_Records_
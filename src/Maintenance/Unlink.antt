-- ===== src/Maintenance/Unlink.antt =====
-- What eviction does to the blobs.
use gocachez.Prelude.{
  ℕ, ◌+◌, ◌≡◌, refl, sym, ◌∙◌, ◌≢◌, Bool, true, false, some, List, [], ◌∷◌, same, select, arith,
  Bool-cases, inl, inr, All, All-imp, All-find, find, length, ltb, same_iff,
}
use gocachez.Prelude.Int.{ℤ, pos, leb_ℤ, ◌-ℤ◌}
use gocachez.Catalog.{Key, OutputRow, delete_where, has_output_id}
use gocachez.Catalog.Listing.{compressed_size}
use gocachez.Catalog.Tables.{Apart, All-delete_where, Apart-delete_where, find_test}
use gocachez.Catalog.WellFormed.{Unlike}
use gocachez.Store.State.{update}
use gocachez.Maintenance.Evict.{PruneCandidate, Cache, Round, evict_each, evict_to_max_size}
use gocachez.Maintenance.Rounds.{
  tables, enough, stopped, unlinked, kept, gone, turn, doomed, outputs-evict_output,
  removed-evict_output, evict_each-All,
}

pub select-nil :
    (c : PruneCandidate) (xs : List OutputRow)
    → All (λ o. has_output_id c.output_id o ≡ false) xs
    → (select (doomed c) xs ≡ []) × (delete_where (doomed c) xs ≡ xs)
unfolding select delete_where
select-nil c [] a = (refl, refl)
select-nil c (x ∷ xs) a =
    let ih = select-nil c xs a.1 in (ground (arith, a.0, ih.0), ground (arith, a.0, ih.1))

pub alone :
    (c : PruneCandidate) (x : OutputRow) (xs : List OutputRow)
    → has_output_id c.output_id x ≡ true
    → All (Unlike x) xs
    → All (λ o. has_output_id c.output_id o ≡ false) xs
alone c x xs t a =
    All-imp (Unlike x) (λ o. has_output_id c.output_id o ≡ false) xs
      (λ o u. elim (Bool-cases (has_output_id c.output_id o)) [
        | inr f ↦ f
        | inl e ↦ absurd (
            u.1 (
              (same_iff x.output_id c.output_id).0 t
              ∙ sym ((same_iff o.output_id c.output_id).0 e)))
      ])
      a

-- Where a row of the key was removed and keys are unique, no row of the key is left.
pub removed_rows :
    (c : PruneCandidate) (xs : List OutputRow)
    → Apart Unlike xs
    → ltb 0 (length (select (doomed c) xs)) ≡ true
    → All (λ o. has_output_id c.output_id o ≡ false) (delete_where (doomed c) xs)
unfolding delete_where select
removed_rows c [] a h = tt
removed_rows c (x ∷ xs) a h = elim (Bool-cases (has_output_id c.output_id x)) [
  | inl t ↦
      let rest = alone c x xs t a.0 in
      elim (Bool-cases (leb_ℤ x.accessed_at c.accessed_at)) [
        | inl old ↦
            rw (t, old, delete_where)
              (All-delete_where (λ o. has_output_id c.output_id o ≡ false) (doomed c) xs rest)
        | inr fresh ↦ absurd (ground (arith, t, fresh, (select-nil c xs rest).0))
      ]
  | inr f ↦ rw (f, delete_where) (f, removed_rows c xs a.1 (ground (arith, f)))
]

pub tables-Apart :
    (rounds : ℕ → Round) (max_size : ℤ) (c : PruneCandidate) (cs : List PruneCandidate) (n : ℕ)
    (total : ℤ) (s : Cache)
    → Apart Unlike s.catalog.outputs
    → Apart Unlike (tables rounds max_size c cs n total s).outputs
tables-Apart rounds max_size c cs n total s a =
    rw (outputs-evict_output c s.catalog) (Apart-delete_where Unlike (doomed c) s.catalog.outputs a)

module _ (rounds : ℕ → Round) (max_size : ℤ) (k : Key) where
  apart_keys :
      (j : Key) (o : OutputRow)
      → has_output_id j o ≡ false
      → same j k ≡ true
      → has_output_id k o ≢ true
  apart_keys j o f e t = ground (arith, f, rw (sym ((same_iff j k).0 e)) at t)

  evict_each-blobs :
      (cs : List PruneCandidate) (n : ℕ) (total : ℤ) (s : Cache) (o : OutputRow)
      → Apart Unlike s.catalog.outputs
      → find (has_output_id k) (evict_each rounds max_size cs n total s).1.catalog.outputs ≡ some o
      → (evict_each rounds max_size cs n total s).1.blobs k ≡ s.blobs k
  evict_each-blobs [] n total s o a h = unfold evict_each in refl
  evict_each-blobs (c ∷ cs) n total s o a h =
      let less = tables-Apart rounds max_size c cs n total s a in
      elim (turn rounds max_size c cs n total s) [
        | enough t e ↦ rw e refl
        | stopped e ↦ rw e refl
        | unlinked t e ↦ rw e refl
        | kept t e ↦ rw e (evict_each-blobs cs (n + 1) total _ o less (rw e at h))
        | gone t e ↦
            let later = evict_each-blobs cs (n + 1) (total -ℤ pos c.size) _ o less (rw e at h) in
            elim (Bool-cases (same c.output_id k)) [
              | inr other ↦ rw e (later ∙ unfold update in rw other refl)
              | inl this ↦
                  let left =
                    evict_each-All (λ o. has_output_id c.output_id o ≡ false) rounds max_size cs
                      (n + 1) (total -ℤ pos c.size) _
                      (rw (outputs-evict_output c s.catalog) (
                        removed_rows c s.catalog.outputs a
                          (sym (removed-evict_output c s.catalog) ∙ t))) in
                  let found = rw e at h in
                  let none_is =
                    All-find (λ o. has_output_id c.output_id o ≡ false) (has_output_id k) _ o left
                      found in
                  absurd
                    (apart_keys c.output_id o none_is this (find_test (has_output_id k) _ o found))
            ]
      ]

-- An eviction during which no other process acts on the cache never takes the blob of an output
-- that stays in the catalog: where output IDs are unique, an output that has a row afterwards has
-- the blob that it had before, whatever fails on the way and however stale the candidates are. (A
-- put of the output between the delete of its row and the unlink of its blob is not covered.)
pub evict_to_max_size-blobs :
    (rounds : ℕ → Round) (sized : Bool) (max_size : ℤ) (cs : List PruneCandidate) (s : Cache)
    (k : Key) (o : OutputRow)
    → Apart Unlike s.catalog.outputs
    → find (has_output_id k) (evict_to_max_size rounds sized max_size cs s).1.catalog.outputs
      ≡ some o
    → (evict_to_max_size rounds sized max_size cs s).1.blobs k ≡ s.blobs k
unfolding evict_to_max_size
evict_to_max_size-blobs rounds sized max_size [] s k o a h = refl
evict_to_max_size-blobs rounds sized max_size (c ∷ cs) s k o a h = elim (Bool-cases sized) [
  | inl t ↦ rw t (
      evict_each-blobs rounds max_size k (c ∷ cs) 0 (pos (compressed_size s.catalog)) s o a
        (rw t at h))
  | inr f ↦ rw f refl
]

_Your goal_
The data above is to be restated line for line, word for word.

_Response below_
filename src/Maintenance/Unlink.antt
-- ===== src/Maintenance/Unlink.antt =====
-- What eviction does to the blobs.
use gocachez.Prelude.{
  ℕ, ◌+◌, ◌≡◌, refl, sym, ◌∙◌, ◌≢◌, Bool, true, false, some, List, [], ◌∷◌, same, select, arith,
  Bool-cases, inl, inr, All, All-imp, All-find, find, length, ltb, same_iff,
}
use gocachez.Prelude.Int.{ℤ, pos, leb_ℤ, ◌-ℤ◌}
use gocachez.Catalog.{Key, OutputRow, delete_where, has_output_id}
use gocachez.Catalog.Listing.{compressed_size}
use gocachez.Catalog.Tables.{Apart, All-delete_where, Apart-delete_where, find_test}
use gocachez.Catalog.WellFormed.{Unlike}
use gocachez.Store.State.{update}
use gocachez.Maintenance.Evict.{PruneCandidate, Cache, Round, evict_each, evict_to_max_size}
use gocachez.Maintenance.Rounds.{
  tables, enough, stopped, unlinked, kept, gone, turn, doomed, outputs-evict_output,
  removed-evict_output, evict_each-All,
}

pub select-nil :
    (c : PruneCandidate) (xs : List OutputRow)
    → All (λ o. has_output_id c.output_id o ≡ false) xs
    → (select (doomed c) xs ≡ []) × (delete_where (doomed c) xs ≡ xs)
unfolding select delete_where
select-nil c [] a = (refl, refl)
select-nil c (x ∷ xs) a =
    let ih = select-nil c xs a.1 in (ground (arith, a.0, ih.0), ground (arith, a.0, ih.1))

pub alone :
    (c : PruneCandidate) (x : OutputRow) (xs : List OutputRow)
    → has_output_id c.output_id x ≡ true
    → All (Unlike x) xs
    → All (λ o. has_output_id c.output_id o ≡ false) xs
alone c x xs t a =
    All-imp (Unlike x) (λ o. has_output_id c.output_id o ≡ false) xs
      (λ o u. elim (Bool-cases (has_output_id c.output_id o)) [
        | inr f ↦ f
        | inl e ↦ absurd (
            u.1 (
              (same_iff x.output_id c.output_id).0 t
              ∙ sym ((same_iff o.output_id c.output_id).0 e)))
      ])
      a

-- Where a row of the key was removed and keys are unique, no row of the key is left.
pub removed_rows :
    (c : PruneCandidate) (xs : List OutputRow)
    → Apart Unlike xs
    → ltb 0 (length (select (doomed c) xs)) ≡ true
    → All (λ o. has_output_id c.output_id o ≡ false) (delete_where (doomed c) xs)
unfolding delete_where select
removed_rows c [] a h = tt
removed_rows c (x ∷ xs) a h = elim (Bool-cases (has_output_id c.output_id x)) [
  | inl t ↦
      let rest = alone c x xs t a.0 in
      elim (Bool-cases (leb_ℤ x.accessed_at c.accessed_at)) [
        | inl old ↦
            rw (t, old, delete_where)
              (All-delete_where (λ o. has_output_id c.output_id o ≡ false) (doomed c) xs rest)
        | inr fresh ↦ absurd (ground (arith, t, fresh, (select-nil c xs rest).0))
      ]
  | inr f ↦ rw (f, delete_where) (f, removed_rows c xs a.1 (ground (arith, f)))
]

pub tables-Apart :
    (rounds : ℕ → Round) (max_size : ℤ) (c : PruneCandidate) (cs : List PruneCandidate) (n : ℕ)
    (total : ℤ) (s : Cache)
    → Apart Unlike s.catalog.outputs
    → Apart Unlike (tables rounds max_size c cs n total s).outputs
tables-Apart rounds max_size c cs n total s a =
    rw (outputs-evict_output c s.catalog) (Apart-delete_where Unlike (doomed c) s.catalog.outputs a)

module _ (rounds : ℕ → Round) (max_size : ℤ) (k : Key) where
  apart_keys :
      (j : Key) (o : OutputRow)
      → has_output_id j o ≡ false
      → same j k ≡ true
      → has_output_id k o ≢ true
  apart_keys j o f e t = ground (arith, f, rw (sym ((same_iff j k).0 e)) at t)

  evict_each-blobs :
      (cs : List PruneCandidate) (n : ℕ) (total : ℤ) (s : Cache) (o : OutputRow)
      → Apart Unlike s.catalog.outputs
      → find (has_output_id k) (evict_each rounds max_size cs n total s).1.catalog.outputs ≡ some o
      → (evict_each rounds max_size cs n total s).1.blobs k ≡ s.blobs k
  evict_each-blobs [] n total s o a h = unfold evict_each in refl
  evict_each-blobs (c ∷ cs) n total s o a h =
      let less = tables-Apart rounds max_size c cs n total s a in
      elim (turn rounds max_size c cs n total s) [
        | enough t e ↦ rw e refl
        | stopped e ↦ rw e refl
        | unlinked t e ↦ rw e refl
        | kept t e ↦ rw e (evict_each-blobs cs (n + 1) total _ o less (rw e at h))
        | gone t e ↦
            let later = evict_each-blobs cs (n + 1) (total -ℤ pos c.size) _ o less (rw e at h) in
            elim (Bool-cases (same c.output_id k)) [
              | inr other ↦ rw e (later ∙ unfold update in rw other refl)
              | inl this ↦
                  let left =
                    evict_each-All (λ o. has_output_id c.output_id o ≡ false) rounds max_size cs
                      (n + 1) (total -ℤ pos c.size) _
                      (rw (outputs-evict_output c s.catalog) (
                        removed_rows c s.catalog.outputs a
                          (sym (removed-evict_output c s.catalog) ∙ t))) in
                  let found = rw e at h in
                  let none_is =
                    All-find (λ o. has_output_id c.output_id o ≡ false) (has_output_id k) _ o left
                      found in
                  absurd
                    (apart_keys c.output_id o none_is this (find_test (has_output_id k) _ o found))
            ]
      ]

-- An eviction during which no other process acts on the cache never takes the blob of an output
-- that stays in the catalog: where output IDs are unique, an output that has a row afterwards has
-- the blob that it had before, whatever fails on the way and however stale the candidates are. (A
-- put of the output between the delete of its row and the unlink of its blob is not covered.)
pub evict_to_max_size-blobs :
    (rounds : ℕ → Round) (sized : Bool) (max_size : ℤ) (cs : List PruneCandidate) (s : Cache)
    (k : Key) (o : OutputRow)
    → Apart Unlike s.catalog.outputs
    → find (has_output_id k) (evict_to_max_size rounds sized max_size cs s).1.catalog.outputs
      ≡ some o
    → (evict_to_max_size rounds sized max_size cs s).1.blobs k ≡ s.blobs k
unfolding evict_to_max_size
evict_to_max_size-blobs rounds sized max_size [] s k o a h = refl
evict_to_max_size-blobs rounds sized max_size (c ∷ cs) s k o a h = elim (Bool-cases sized) [
  | inl t ↦ rw t (
      evict_each-blobs rounds max_size k (c ∷ cs) 0 (pos (compressed_size s.catalog)) s o a
        (rw t at h))
  | inr f ↦ rw f refl
]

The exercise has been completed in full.